WHAT THE EXERCISE ASKS: Write out every record below exactly as it appears.

MATERIAL PROVIDED:
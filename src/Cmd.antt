-- ===== src/Cmd.antt =====
-- cmd/chain-stresser/main.go: the settings of a run. Cobra and the YAML decoder are parameters: what
-- they deliver is the argument of the functions here.
pub mod Settings
pub mod Commands
use chain_stresser.Common.{
  ℕ, zero, suc, ◌+◌, ◌≡◌, ◌≢◌, Bool, true, false, not, ◌&&◌, ◌||◌, Option, none, some, List, [],
  ◌∷◌, Result, ok, err, if◌then◌else◌, ltb, leb, ◌==◌, length, take, String,
}
use text.Mathlib.Text.{◌==◌ as str_eq}
use chain_stresser.Common.Float.{Floats}
use chain_stresser.Common.Int.{ℤ, pos, negsuc, ltb_ℤ}
use chain_stresser.RateLimit.Config.{Config, BurstConfig}

-- The settings of `StressConfig` that the YAML file can hold, and the rate limit.
pub record StressConfig (F : Type 0) : Type 0 where
  pub chain_id : String
  pub eth_chain_id : ℤ
  pub min_gas_price : String
  pub node_address : String
  pub grpc_address : String
  pub await_tx_confirmation : Bool
  pub num_of_transactions : ℤ
  pub rate_limit : Config F

-- `payload.StresserConfig`, with the zero value for what the file does not have.
pub record YamlConfig (F : Type 0) : Type 0 where
  pub chain_id : String
  pub eth_chain_id : ℤ
  pub min_gas_price : String
  pub node_address : String
  pub grpc_address : String
  pub await_tx_confirmation : Option Bool
  pub num_of_transactions : ℤ
  pub rate_tps : F
  pub rate_bytes : ℕ
  pub rate_gas : ℕ
  pub rate_burst_size : ℤ

-- `cmd.Flags().Changed`, for each flag.
pub record Changed : Type 0 where
  pub chain_id : Bool
  pub eth_chain_id : Bool
  pub min_gas_price : Bool
  pub node_addr : Bool
  pub grpc_addr : Bool
  pub await : Bool
  pub transactions : Bool
  pub rate_tps : Bool
  pub rate_bytes : Bool
  pub rate_gas : Bool
  pub rate_burst_size : Bool

abbrev pub is_zero : ℤ → Bool
is_zero i = not (ltb_ℤ i (pos 0)) && not (ltb_ℤ (pos 0) i)

abbrev pub or_given {ℓ} : {A : Type ℓ} → A → Option A → A
or_given a none = a
or_given a (some b) = b

module _ (fl : Floats) where
  open fl use {Float, zero_f, eqb_f}

  unfoldable pub apply_stresser_config_from_yaml :
      Option (YamlConfig Float) → Changed → StressConfig Float → StressConfig Float
  apply_stresser_config_from_yaml none ch c = c
  apply_stresser_config_from_yaml (some y) ch c = record {
    chain_id = if not (str_eq y.chain_id "") && not ch.chain_id then y.chain_id else c.chain_id;
    eth_chain_id =
        if not (is_zero y.eth_chain_id) && not ch.eth_chain_id
        then y.eth_chain_id
        else c.eth_chain_id;
    min_gas_price =
        if not (str_eq y.min_gas_price "") && not ch.min_gas_price
        then y.min_gas_price
        else c.min_gas_price;
    node_address =
        if not (str_eq y.node_address "") && not ch.node_addr
        then y.node_address
        else c.node_address;
    grpc_address =
        if not (str_eq y.grpc_address "") && not ch.grpc_addr
        then y.grpc_address
        else c.grpc_address;
    await_tx_confirmation =
        if ch.await
        then c.await_tx_confirmation
        else or_given c.await_tx_confirmation y.await_tx_confirmation;
    num_of_transactions =
        if not (is_zero y.num_of_transactions) && not ch.transactions
        then y.num_of_transactions
        else c.num_of_transactions;
    rate_limit = record {
      tx_per_second =
          if not (eqb_f y.rate_tps zero_f) && not ch.rate_tps
          then y.rate_tps
          else c.rate_limit.tx_per_second;
      bytes_per_second =
          if not (y.rate_bytes == 0) && not ch.rate_bytes
          then y.rate_bytes
          else c.rate_limit.bytes_per_second;
      gas_per_second =
          if not (y.rate_gas == 0) && not ch.rate_gas
          then y.rate_gas
          else c.rate_limit.gas_per_second;
      burst = record {
        size =
            if not (is_zero y.rate_burst_size) && not ch.rate_burst_size
            then y.rate_burst_size
            else c.rate_limit.burst.size;
      };
    };
  }

pub data AccountsError : Type 0 where
  not_positive : AccountsError
  reading_failed : AccountsError
  parsing_failed : AccountsError
  too_many : AccountsError

-- What the account file gives: no file, no list of keys in it, or the keys.
pub data AccountFile (Key : Type 0) : Type 0 where
  unreadable : AccountFile Key
  unparsable : AccountFile Key
  holds : List Key → AccountFile Key

abbrev pub first_keys : {Key : Type 0} → ℕ → AccountFile Key → Result AccountsError (List Key)
first_keys n unreadable = err reading_failed
first_keys n unparsable = err parsing_failed
first_keys n (holds keys) = if ltb (length keys) n then err too_many else ok (take n keys)

unfoldable pub read_accounts :
    {Key : Type 0} → ℤ → AccountFile Key → Result AccountsError (List Key)
read_accounts (negsuc n) file = err not_positive
read_accounts (pos zero) file = err not_positive
read_accounts (pos (suc n)) file = first_keys (suc n) file

pub data ReplayError : Type 0 where
  rpc_required : ReplayError
  start_height_required : ReplayError
  start_not_below_end : ReplayError

-- `PreRunE` of the command tx-replay: RPC address, start and end height.
unfoldable pub check_replay : String → ℤ → ℤ → Option ReplayError
check_replay rpc start_height end_height =
    if str_eq rpc ""
    then some rpc_required
    else if is_zero start_height
    then some start_height_required
    else if ltb_ℤ (pos 0) end_height && not (ltb_ℤ start_height end_height)
    then some start_not_below_end
    else none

RESPONSE BELOW:
filename src/Cmd.antt
-- ===== src/Cmd.antt =====
-- cmd/chain-stresser/main.go: the settings of a run. Cobra and the YAML decoder are parameters: what
-- they deliver is the argument of the functions here.
pub mod Settings
pub mod Commands
use chain_stresser.Common.{
  ℕ, zero, suc, ◌+◌, ◌≡◌, ◌≢◌, Bool, true, false, not, ◌&&◌, ◌||◌, Option, none, some, List, [],
  ◌∷◌, Result, ok, err, if◌then◌else◌, ltb, leb, ◌==◌, length, take, String,
}
use text.Mathlib.Text.{◌==◌ as str_eq}
use chain_stresser.Common.Float.{Floats}
use chain_stresser.Common.Int.{ℤ, pos, negsuc, ltb_ℤ}
use chain_stresser.RateLimit.Config.{Config, BurstConfig}

-- The settings of `StressConfig` that the YAML file can hold, and the rate limit.
pub record StressConfig (F : Type 0) : Type 0 where
  pub chain_id : String
  pub eth_chain_id : ℤ
  pub min_gas_price : String
  pub node_address : String
  pub grpc_address : String
  pub await_tx_confirmation : Bool
  pub num_of_transactions : ℤ
  pub rate_limit : Config F

-- `payload.StresserConfig`, with the zero value for what the file does not have.
pub record YamlConfig (F : Type 0) : Type 0 where
  pub chain_id : String
  pub eth_chain_id : ℤ
  pub min_gas_price : String
  pub node_address : String
  pub grpc_address : String
  pub await_tx_confirmation : Option Bool
  pub num_of_transactions : ℤ
  pub rate_tps : F
  pub rate_bytes : ℕ
  pub rate_gas : ℕ
  pub rate_burst_size : ℤ

-- `cmd.Flags().Changed`, for each flag.
pub record Changed : Type 0 where
  pub chain_id : Bool
  pub eth_chain_id : Bool
  pub min_gas_price : Bool
  pub node_addr : Bool
  pub grpc_addr : Bool
  pub await : Bool
  pub transactions : Bool
  pub rate_tps : Bool
  pub rate_bytes : Bool
  pub rate_gas : Bool
  pub rate_burst_size : Bool

abbrev pub is_zero : ℤ → Bool
is_zero i = not (ltb_ℤ i (pos 0)) && not (ltb_ℤ (pos 0) i)

abbrev pub or_given {ℓ} : {A : Type ℓ} → A → Option A → A
or_given a none = a
or_given a (some b) = b

module _ (fl : Floats) where
  open fl use {Float, zero_f, eqb_f}

  unfoldable pub apply_stresser_config_from_yaml :
      Option (YamlConfig Float) → Changed → StressConfig Float → StressConfig Float
  apply_stresser_config_from_yaml none ch c = c
  apply_stresser_config_from_yaml (some y) ch c = record {
    chain_id = if not (str_eq y.chain_id "") && not ch.chain_id then y.chain_id else c.chain_id;
    eth_chain_id =
        if not (is_zero y.eth_chain_id) && not ch.eth_chain_id
        then y.eth_chain_id
        else c.eth_chain_id;
    min_gas_price =
        if not (str_eq y.min_gas_price "") && not ch.min_gas_price
        then y.min_gas_price
        else c.min_gas_price;
    node_address =
        if not (str_eq y.node_address "") && not ch.node_addr
        then y.node_address
        else c.node_address;
    grpc_address =
        if not (str_eq y.grpc_address "") && not ch.grpc_addr
        then y.grpc_address
        else c.grpc_address;
    await_tx_confirmation =
        if ch.await
        then c.await_tx_confirmation
        else or_given c.await_tx_confirmation y.await_tx_confirmation;
    num_of_transactions =
        if not (is_zero y.num_of_transactions) && not ch.transactions
        then y.num_of_transactions
        else c.num_of_transactions;
    rate_limit = record {
      tx_per_second =
          if not (eqb_f y.rate_tps zero_f) && not ch.rate_tps
          then y.rate_tps
          else c.rate_limit.tx_per_second;
      bytes_per_second =
          if not (y.rate_bytes == 0) && not ch.rate_bytes
          then y.rate_bytes
          else c.rate_limit.bytes_per_second;
      gas_per_second =
          if not (y.rate_gas == 0) && not ch.rate_gas
          then y.rate_gas
          else c.rate_limit.gas_per_second;
      burst = record {
        size =
            if not (is_zero y.rate_burst_size) && not ch.rate_burst_size
            then y.rate_burst_size
            else c.rate_limit.burst.size;
      };
    };
  }

pub data AccountsError : Type 0 where
  not_positive : AccountsError
  reading_failed : AccountsError
  parsing_failed : AccountsError
  too_many : AccountsError

-- What the account file gives: no file, no list of keys in it, or the keys.
pub data AccountFile (Key : Type 0) : Type 0 where
  unreadable : AccountFile Key
  unparsable : AccountFile Key
  holds : List Key → AccountFile Key

abbrev pub first_keys : {Key : Type 0} → ℕ → AccountFile Key → Result AccountsError (List Key)
first_keys n unreadable = err reading_failed
first_keys n unparsable = err parsing_failed
first_keys n (holds keys) = if ltb (length keys) n then err too_many else ok (take n keys)

unfoldable pub read_accounts :
    {Key : Type 0} → ℤ → AccountFile Key → Result AccountsError (List Key)
read_accounts (negsuc n) file = err not_positive
read_accounts (pos zero) file = err not_positive
read_accounts (pos (suc n)) file = first_keys (suc n) file

pub data ReplayError : Type 0 where
  rpc_required : ReplayError
  start_height_required : ReplayError
  start_not_below_end : ReplayError

-- `PreRunE` of the command tx-replay: RPC address, start and end height.
unfoldable pub check_replay : String → ℤ → ℤ → Option ReplayError
check_replay rpc start_height end_height =
    if str_eq rpc ""
    then some rpc_required
    else if is_zero start_height
    then some start_height_required
    else if ltb_ℤ (pos 0) end_height && not (ltb_ℤ start_height end_height)
    then some start_not_below_end
    else none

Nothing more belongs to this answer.